# Upon Cruel Wings



## Ambush Beast (Oct 31, 2010)

Upon Cruel Wings.



Treachery is a cruel thing that saps the strength and robs the soul of hope, at least of those who have been deceived. David Fask understood this for he had been betrayed not so long ago by someone who he thought he could trust, someone close to him and someone who had even saved his life on multiple occasions. 

The betrayal took place upon a blighted rock that was worth nothing to anyone except the Ministratum of Imperial Records. An Emperor forsaken rock covered with nothing but snow and sand; worthless except to those who counted nameless places into the import of Imperial dominance. 

It was a wretched place at the end of known space; uncharted territory was only a light year away. The boundaries set so long ago by the Emperor of mankind should not be ignored. There are races of men and xenos alike who pay no attention to the Emperor’s creedos, pay no attention to his guidance or his statutes established so as to guard us from ancient mysteries that would have us kneel to our own doom.
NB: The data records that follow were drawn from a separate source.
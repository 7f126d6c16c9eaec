-- ===== src/Store/Blocks/Stale.antt =====
-- Which commits of a block the generation guards let through.
use dashboard_quip_network.Prelude.{
  ◌≡◌, ◌≢◌, ◌⊎◌, ◌↔◌, refl, Bool, true, false, not, List, [], ◌∷◌, any, ◌==◌, arith, ok,
  refuse_if-false, Bool-cases, inl, inr, All, All-split, is_some, subst, ◌++◌,
}
use dashboard_quip_network.Errors.{read_only}
use dashboard_quip_network.Decimal.{Text}
use dashboard_quip_network.Store.{
  CommitResult, stale_generation, Indexable, winners, difficulty, participation, authorship,
  same_domain, GenerationGuard, Meta, Store, Json,
}
use dashboard_quip_network.Store.Meta.{generation}
use dashboard_quip_network.Store.Views.{same_domain-eq}
use dashboard_quip_network.Store.Blocks.{
  Tables, BlockCommit, duplicate_guard, stale_guard, unguarded, guarded, affected, is_empty, one_if,
  commit_block,
}
use dashboard_quip_network.Store.Blocks.Commit.{commit_block-cases}

-- Some guard expects another generation of its domain than the stored one.
abbrev pub AnyStale : Meta → List GenerationGuard → Type 0
AnyStale meta [] = ⊥
AnyStale meta (g ∷ gs) = (generation meta g.indexable ≢ g.expected) ⊎ AnyStale meta gs

-- Some guard is of the domain and expects the stored generation.
abbrev pub IsGuarded : Meta → List GenerationGuard → Indexable → Type 0
IsGuarded meta [] i = ⊥
IsGuarded meta (g ∷ gs) i =
    ((g.indexable ≡ i) × (generation meta i ≡ g.expected)) ⊎ IsGuarded meta gs i

guarded-IsGuarded :
    (meta : Meta) (gs : List GenerationGuard) (i : Indexable)
    → guarded gs i ≡ true
    → stale_guard meta gs ≡ false
    → IsGuarded meta gs i
unfolding guarded stale_guard
guarded-IsGuarded meta [] i e f = cc e
guarded-IsGuarded meta (g ∷ gs) i e f = elim (Bool-cases (same_domain g.indexable i)) [
  | inl same ↦
      let domain : g.indexable ≡ i = same_domain-eq g.indexable i same in
      inl (domain, subst (λ k. generation meta k ≡ g.expected) domain (ground arith))
  | inr other ↦ inr (guarded-IsGuarded meta gs i (ground (arith, other)) (ground arith))
]

All-guarded :
    (meta : Meta) (gs : List GenerationGuard) (is : List Indexable)
    → any (λ i. not (guarded gs i)) is ≡ false
    → stale_guard meta gs ≡ false
    → All (IsGuarded meta gs) is
All-guarded meta gs [] e f = tt
All-guarded meta gs (i ∷ is) e f =
    (guarded-IsGuarded meta gs i (ground arith) f, All-guarded meta gs is (ground arith) f)

stale_guard-AnyStale :
    (meta : Meta) (gs : List GenerationGuard) → stale_guard meta gs ≡ true → AnyStale meta gs
unfolding stale_guard
stale_guard-AnyStale meta [] e = cc e
stale_guard-AnyStale meta (g ∷ gs) e =
    elim (Bool-cases (generation meta g.indexable == g.expected)) [
      | inl same ↦ inr (stale_guard-AnyStale meta gs (ground (arith, same)))
      | inr other ↦ inl (λ same. ground (arith, other))
    ]

stale_guard-fresh :
    (meta : Meta) (gs : List GenerationGuard) → stale_guard meta gs ≡ false → AnyStale meta gs → ⊥
unfolding stale_guard
stale_guard-fresh meta [] e h = h
stale_guard-fresh meta (g ∷ gs) e (inl other) = other (ground arith)
stale_guard-fresh meta (g ∷ gs) e (inr later) = stale_guard-fresh meta gs (ground arith) later

module _ (tables : Tables) where
  -- A domain of a record or of a completion of the batch.
  abbrev pub IsTouched : BlockCommit tables → (Indexable → Type 0) → Type 0
  IsTouched b P =
      All P b.completed
      × (is_some b.records.winner ≡ true → P winners)
      × (is_some b.records.difficulty ≡ true → P difficulty)
      × (is_some b.records.authorship ≡ true → P authorship)
      × (b.records.participation ≢ [] → P participation)

  one_if-holds :
      (P : Indexable → Type 0) (test : Bool) (i : Indexable)
      → All P (one_if tables test i)
      → test ≡ true
      → P i
  one_if-holds P true i h e = h.0
  one_if-holds P false i h e = cc e

  is_empty-false : {A : Type 0} (xs : List A) → xs ≢ [] → not (is_empty tables xs) ≡ true
  is_empty-false [] h = absurd (h refl)
  is_empty-false (x ∷ xs) h = refl

  unguarded-IsTouched :
      (b : BlockCommit tables) (meta : Meta)
      → unguarded tables b ≡ false
      → stale_guard meta b.guards ≡ false
      → IsTouched b (IsGuarded meta b.guards)
  unfolding unguarded affected
  unguarded-IsTouched b meta u f =
      let P = IsGuarded meta b.guards in
      let won = is_some b.records.winner in
      let harder = is_some b.records.difficulty in
      let authored = is_some b.records.authorship in
      let joined = not (is_empty tables b.records.participation) in
      let every = All-guarded meta b.guards (affected tables b) (ground arith) f in
      let one_winner = b.completed ++ one_if tables won winners in
      let one_difficulty = one_winner ++ one_if tables harder difficulty in
      let one_author = one_difficulty ++ one_if tables authored authorship in
      let (rest3, fourth) = All-split P one_author (one_if tables joined participation) every in
      let (rest2, third) = All-split P one_difficulty (one_if tables authored authorship) rest3 in
      let (rest1, second) = All-split P one_winner (one_if tables harder difficulty) rest2 in
      let (completed, first) = All-split P b.completed (one_if tables won winners) rest1 in
      (
        completed,
        one_if-holds P won winners first,
        one_if-holds P harder difficulty second,
        one_if-holds P authored authorship third,
        λ some_joined.
            one_if-holds P joined participation fourth
              (is_empty-false b.records.participation some_joined),
      )

module _ (tables : Tables) (codec : Json) (now : Text) where
  commit_block-unguarded :
      (b : BlockCommit tables) (s s' : Store tables.Rows) (r : CommitResult)
      → commit_block tables codec now b s ≡ ok (r, s')
      → unguarded tables b ≡ false
  unfolding commit_block
  commit_block-unguarded b s s' r e =
      let (w, e1) = refuse_if-false (not s.writer) read_only _ e in
      let (d, e2) = refuse_if-false (duplicate_guard b.guards) _ _ e1 in
      (refuse_if-false (unguarded tables b) _ _ e2).0

  -- A commit that succeeds answers a stale generation exactly if some guard of the batch expects
  -- another generation than the stored one, and then it changes nothing; any other success means
  -- that each domain of a record or a completion of the batch has a guard that expects its stored
  -- generation.
  pub commit_block-stale :
      (b : BlockCommit tables) (s s' : Store tables.Rows) (r : CommitResult)
      → commit_block tables codec now b s ≡ ok (r, s')
      → ((r ≡ stale_generation) ↔ AnyStale s.db.meta b.guards)
        × (AnyStale s.db.meta b.guards → s' ≡ s)
        × (r ≢ stale_generation → IsTouched tables b (IsGuarded s.db.meta b.guards))
  commit_block-stale b s s' r e =
      let (n, h, cases) = commit_block-cases tables codec now b s s' r e in
      elim cases [
        | inl (f, x, y) ↦
            ((λ _. stale_guard-AnyStale s.db.meta b.guards f, λ _. x), λ _. y, λ z. absurd (z x))
        | inr (f, a) ↦
            let fresh = stale_guard-fresh s.db.meta b.guards f in
            (
              (λ x. absurd (a.result x), λ x. absurd (fresh x)),
              λ x. absurd (fresh x),
              λ _. unguarded-IsTouched tables b s.db.meta (commit_block-unguarded b s s' r e) f,
            )
      ]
The planet was established, 199.077 by the Imperial records, but it was known by other names not fit to be mentioned by human tongue. The established lookout fortress, manned by fifty guardsmen of the Tarran 27th and two astropaths had gone silent two weeks ago and nothing was known of the reasons why. 

The Wearton 52nd stood ready for deployment and to answer the call. David Fask captained the regiment, a force of six hundred veterans ready for war. Sergeant Gosimar Gree was not only his right hand, but also his best friend. The two were not spreadable. They had been together since basic and gone through the ranks together. They had fought together and had framed their knowledge together.
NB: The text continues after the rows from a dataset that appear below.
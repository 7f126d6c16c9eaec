-- ===== src/Hash/RoundTrip.antt =====
-- `From<[u8; 32]> for BlockHash` against `BlockHash::from_str`.
use Prim.Native.Nat.{bit_and, bit_or}
use dashboard_quip_network.Prelude.{
  ℕ, zero, suc, ◌+◌, ◌*◌, ◌/◌, ◌%◌, ◌<◌, ◌≡◌, refl, Bool, true, false, if◌then◌else◌, List, [], ◌∷◌,
  arith, ◌==◌, ok, length, All, ==_iff,
}
use dashboard_quip_network.Hash.{
  hex_nibble, decode_pairs, strip_prefix, from_hex, from_str, hex_digit, encode_bytes, encode_hex,
  from_bytes,
}

abbrev pub IsByte : ℕ → Type 0
IsByte b = b < 256

-- The test holds of every byte up to `top`, itself left out.
holds_under : (ℕ → Bool) → ℕ → Bool
holds_under test zero = true
holds_under test (suc top) = let below = holds_under test top in if test top then below else false

holds_under-lem :
    (test : ℕ → Bool) (top byte : ℕ) → byte < top → holds_under test top ≡ true → test byte ≡ true
unfolding holds_under
holds_under-lem test (suc top) byte l all_hold = ground (arith, holds_under-lem test top byte)
holds_under-lem test zero byte l all_hold = absurd (omega arith)

abbrev low_test : ℕ → Bool
low_test b = bit_and b 0x0f == b % 16

low_nibble : (b : ℕ) → b < 256 → bit_and b 0x0f ≡ b % 16
unfolding holds_under
low_nibble b small = (==_iff _ (b % 16)).0 (holds_under-lem low_test 256 b small refl)

abbrev join_test : ℕ → Bool
join_test b = bit_or (b / 16 * 16 % 256) (b % 16) == b

join_nibbles : (b : ℕ) → b < 256 → bit_or (b / 16 * 16 % 256) (b % 16) ≡ b
unfolding holds_under
join_nibbles b small = (==_iff _ b).0 (holds_under-lem join_test 256 b small refl)

hex_nibble-hex_digit : (n i : ℕ) → n < 16 → hex_nibble (hex_digit n) i ≡ ok n
unfolding hex_nibble hex_digit
hex_nibble-hex_digit n i h = ground (arith, low_nibble n)

decode_pairs-encode :
    (i : ℕ) (bs : List ℕ) → All IsByte bs → decode_pairs i (encode_bytes bs) ≡ ok bs
unfolding decode_pairs encode_bytes
decode_pairs-encode i [] h = refl
decode_pairs-encode i (b ∷ bs) h = rw (
  low_nibble b h.0,
  hex_nibble-hex_digit (b / 16) (2 + i * 2) (omega arith),
  hex_nibble-hex_digit (b % 16) (3 + i * 2) (omega arith),
  decode_pairs-encode (i + 1) bs h.1,
  join_nibbles b h.0,
)

length-encode : (bs : List ℕ) → length (encode_bytes bs) ≡ 2 * length bs
unfolding encode_bytes
length-encode [] = refl
length-encode (b ∷ bs) = omega (arith, length-encode bs)

-- For 32 bytes the text of `from_bytes` parses to the same hash, text included.
pub from_str-from_bytes :
    (bs : List ℕ)
    → All IsByte bs
    → length bs ≡ 32
    → from_str (from_bytes bs).text ≡ ok (from_bytes bs)
unfolding from_str from_hex from_bytes encode_hex strip_prefix
from_str-from_bytes bs h l = ground (arith, length-encode bs, decode_pairs-encode 0 bs h)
As close to brothers as could be, their lives intertwined in all things, except ideals. David believed the Emperor protects at all times while Gosimar believed we were in charge of our own purposes, the Emperor protects of we were the ones with the guns, and ammo. 
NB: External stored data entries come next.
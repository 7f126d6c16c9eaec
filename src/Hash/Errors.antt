-- ===== src/Hash/Errors.antt =====
-- Which text `BlockHash::from_str` accepts, and the case of the digits.
use Prim.Native.Nat.{bit_or}
use dashboard_quip_network.Prelude.{
  ℕ, suc, ◌+◌, ◌-◌, ◌*◌, ◌%◌, ◌≤◌, ◌≡◌, ◌⊎◌, ◌↔◌, inl, inr, refl, true, ◌&&◌, List, [], ◌∷◌, arith,
  leb, if◌then◌else◌, ok, length, All, map, is_ok, >>=-eq-ok, Result-cases, ap, ◌∙◌, sym,
}
use dashboard_quip_network.Hash.{
  BlockHash, hex_nibble, decode_pairs, strip_prefix, from_hex, from_str, same_bytes, eq,
}

abbrev pub IsHexDigit : ℕ → Type 0
IsHexDigit c = ((b'0' ≤ c) × (c ≤ b'9')) ⊎ (((b'a' ≤ c) × (c ≤ b'f')) ⊎ ((b'A' ≤ c) × (c ≤ b'F')))

-- `0x` and exactly 64 hexadecimal digits.
abbrev pub IsHashText : List ℕ → Type 0
IsHashText (z ∷ x ∷ hex) = (z ≡ b'0') × (x ≡ b'x') × (length hex ≡ 64) × All IsHexDigit hex
IsHashText _ = ⊥

-- `to_ascii_lowercase` of a byte
abbrev pub lowercase : ℕ → ℕ
lowercase c = if leb b'A' c && leb c b'Z' then c + 32 else c

hex_nibble-ok : (c i : ℕ) → IsHexDigit c → (n : ℕ) × (hex_nibble c i ≡ ok n)
unfolding hex_nibble
hex_nibble-ok c i (inl h) = (c - b'0', ground arith)
hex_nibble-ok c i (inr (inl h)) = (c - b'a' + 10, ground arith)
hex_nibble-ok c i (inr (inr h)) = (c - b'A' + 10, ground arith)

hex_nibble-IsHexDigit : (c i n : ℕ) → hex_nibble c i ≡ ok n → IsHexDigit c
unfolding hex_nibble
hex_nibble-IsHexDigit c i n e = ground arith

hex_nibble-lowercase : (c i j n : ℕ) → hex_nibble c i ≡ ok n → hex_nibble (lowercase c) j ≡ ok n
unfolding hex_nibble
hex_nibble-lowercase c i j n e = ground arith

-- An even number of digits decodes to half as many bytes.
decode_pairs-ok :
    (i k : ℕ) (hex : List ℕ)
    → All IsHexDigit hex
    → length hex ≡ 2 * k
    → (bs : List ℕ) × (decode_pairs i hex ≡ ok bs) × (length bs ≡ k)
unfolding decode_pairs
decode_pairs-ok i k [] h l = ([], refl, omega arith)
decode_pairs-ok i k (c ∷ []) h l = absurd (omega arith)
decode_pairs-ok i k (c ∷ d ∷ rest) h l =
    let p = hex_nibble-ok c (2 + i * 2) h.0 in
    let q = hex_nibble-ok d (3 + i * 2) h.1.0 in
    let r = decode_pairs-ok (i + 1) (k - 1) rest h.1.1 (omega arith) in
    (bit_or (p.0 * 16 % 256) q.0 ∷ r.0, rw (p.1, q.1, r.1), omega (arith, r.2))

decode_pairs-AllHex :
    (i k : ℕ) (hex bs : List ℕ)
    → decode_pairs i hex ≡ ok bs
    → length hex ≡ 2 * k
    → All IsHexDigit hex
unfolding decode_pairs
decode_pairs-AllHex i k [] bs e l = tt
decode_pairs-AllHex i k (c ∷ []) bs e l = absurd (omega arith)
decode_pairs-AllHex i k (c ∷ d ∷ rest) bs e l =
    let (high, p, e1) = >>=-eq-ok (hex_nibble c (2 + i * 2)) _ e in
    let (low, q, e2) = >>=-eq-ok (hex_nibble d (3 + i * 2)) _ e1 in
    let (more, r, _) = >>=-eq-ok (decode_pairs (i + 1) rest) _ e2 in
    (
      hex_nibble-IsHexDigit c _ high p,
      (
        hex_nibble-IsHexDigit d _ low q,
        decode_pairs-AllHex (i + 1) (k - 1) rest more r (omega arith),
      ),
    )

decode_pairs-lowercase :
    (i : ℕ) (hex bs : List ℕ)
    → decode_pairs i hex ≡ ok bs
    → decode_pairs i (map lowercase hex) ≡ ok bs
unfolding decode_pairs
decode_pairs-lowercase i [] bs e = e
decode_pairs-lowercase i (c ∷ []) bs e = e
decode_pairs-lowercase i (c ∷ d ∷ rest) bs e =
    let (high, p, e1) = >>=-eq-ok (hex_nibble c (2 + i * 2)) _ e in
    let (low, q, e2) = >>=-eq-ok (hex_nibble d (3 + i * 2)) _ e1 in
    let (more, r, e3) = >>=-eq-ok (decode_pairs (i + 1) rest) _ e2 in
    rw
      (
        hex_nibble-lowercase c (2 + i * 2) (2 + i * 2) high p,
        hex_nibble-lowercase d (3 + i * 2) (3 + i * 2) low q,
        decode_pairs-lowercase (i + 1) rest more r,
      )
      e3

parsed_parts :
    (z x : ℕ) (hex : List ℕ) (h : BlockHash)
    → from_str (z ∷ x ∷ hex) ≡ ok h
    → (z ≡ b'0')
      × (x ≡ b'x')
      × (length hex ≡ 64)
      × (decode_pairs 0 hex ≡ ok h.bytes)
      × (h.text ≡ z ∷ x ∷ hex)
unfolding from_str strip_prefix from_hex
parsed_parts z x hex h e = elim (Result-cases (decode_pairs 0 hex)) [
  | inl (bs, p) ↦ ground (arith, p)
  | inr (b, p) ↦ absurd (ground (arith, p))
]

parses :
    (hex bs : List ℕ)
    → length hex ≡ 64
    → decode_pairs 0 hex ≡ ok bs
    → length bs ≡ 32
    → from_str (b'0' ∷ b'x' ∷ hex) ≡ ok (record { bytes = bs; text = b'0' ∷ b'x' ∷ hex })
unfolding from_str strip_prefix from_hex
parses hex bs l p m = ground (arith, p)

-- A hash parses exactly from `0x` and 64 hexadecimal digits.
pub from_str-accepts_iff : (raw : List ℕ) → (is_ok (from_str raw) ≡ true) ↔ IsHashText raw
from_str-accepts_iff [] = unfold from_str strip_prefix in (λ e. cc, λ h. absurd h)
from_str-accepts_iff (z ∷ []) = unfold from_str strip_prefix in (λ e. cc, λ h. absurd h)
from_str-accepts_iff (z ∷ x ∷ hex) = (
  λ e. elim (Result-cases (from_str (z ∷ x ∷ hex))) [
    | inl (h, p) ↦
        let (ez, ex, l, d, _) = parsed_parts z x hex h p in
        (ez, ex, l, decode_pairs-AllHex 0 32 hex h.bytes d l)
    | inr (b, p) ↦ absurd (cc p)
  ],
  λ (ez, ex, l, a).
      let (bs, d, m) = decode_pairs-ok 0 32 hex a l in rw (ez, ex, parses hex bs l d m),
)

same_bytes_refl : (bs : List ℕ) → same_bytes bs bs ≡ true
unfolding same_bytes
same_bytes_refl [] = refl
same_bytes_refl (b ∷ bs) = ground (arith, same_bytes_refl bs)

length-map_lem {ℓ} : {A : Type ℓ} (f : A → A) (xs : List A) → length (map f xs) ≡ length xs
length-map_lem f [] = refl
length-map_lem f (x ∷ xs) = ap suc (length-map_lem f xs)

-- A text that parses also parses with its letters in lower case, to an equal hash that keeps the
-- text it was read from.
pub from_str-lowercase :
    (raw : List ℕ) (h : BlockHash)
    → from_str raw ≡ ok h
    → (h' : BlockHash) × (from_str (map lowercase raw) ≡ ok h')
      × (eq h h' ≡ true)
      × (h.text ≡ raw)
      × (h'.text ≡ map lowercase raw)
from_str-lowercase [] h e = unfold from_str strip_prefix in cc e
from_str-lowercase (z ∷ []) h e = unfold from_str strip_prefix in cc e
from_str-lowercase (z ∷ x ∷ hex) h e =
    let (ez, ex, l, d, t) = parsed_parts z x hex h e in
    let a = decode_pairs-AllHex 0 32 hex h.bytes d l in
    let (bs, d', m) = decode_pairs-ok 0 32 hex a l in
    let same : bs ≡ h.bytes = cc in
    let lz : lowercase z ≡ b'0' = ground arith in
    let lx : lowercase x ≡ b'x' = ground arith in
    (
      record { bytes = h.bytes; text = map lowercase (z ∷ x ∷ hex) },
      rw (lz, lx)
          (parses (map lowercase hex) h.bytes (length-map_lem lowercase hex ∙ l)
            (decode_pairs-lowercase 0 hex h.bytes d) (ap length (sym same) ∙ m)),
      unfold eq in same_bytes_refl h.bytes,
      t,
      refl,
    )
Never the less, they understood each other and were satisfied to let their ideals rest in the shadows. The _Imperial Grace_ moved through the cold blackness of space like a knife through dark water, slightly disturbing the currents but causing nothing else than a ripple. 

‘The air upon 199.077 is breathable, but it is thin and ice cold. If caught in the open the winds will tear you from your spot and send you falling over the canyon walls into the bottomless pits below.’ the Informoligist conveyed. 

The ship’s hull was packed with the soldiers of the Wearton 52nd who listened as if their lived depended upon the lessons they received. 

‘Inviro-suits will be mandatory as will oxygen canisters and complete face shields. Respirators will be used at all times unless the respirator is broken or you are dead.’ the Informoligis continued. ‘Upon deployment…’ he went on and on until most of the men were nearly bored to death. They all understood the risks; 199.077 would be fekking cold, fekking windy and fekking dangerous.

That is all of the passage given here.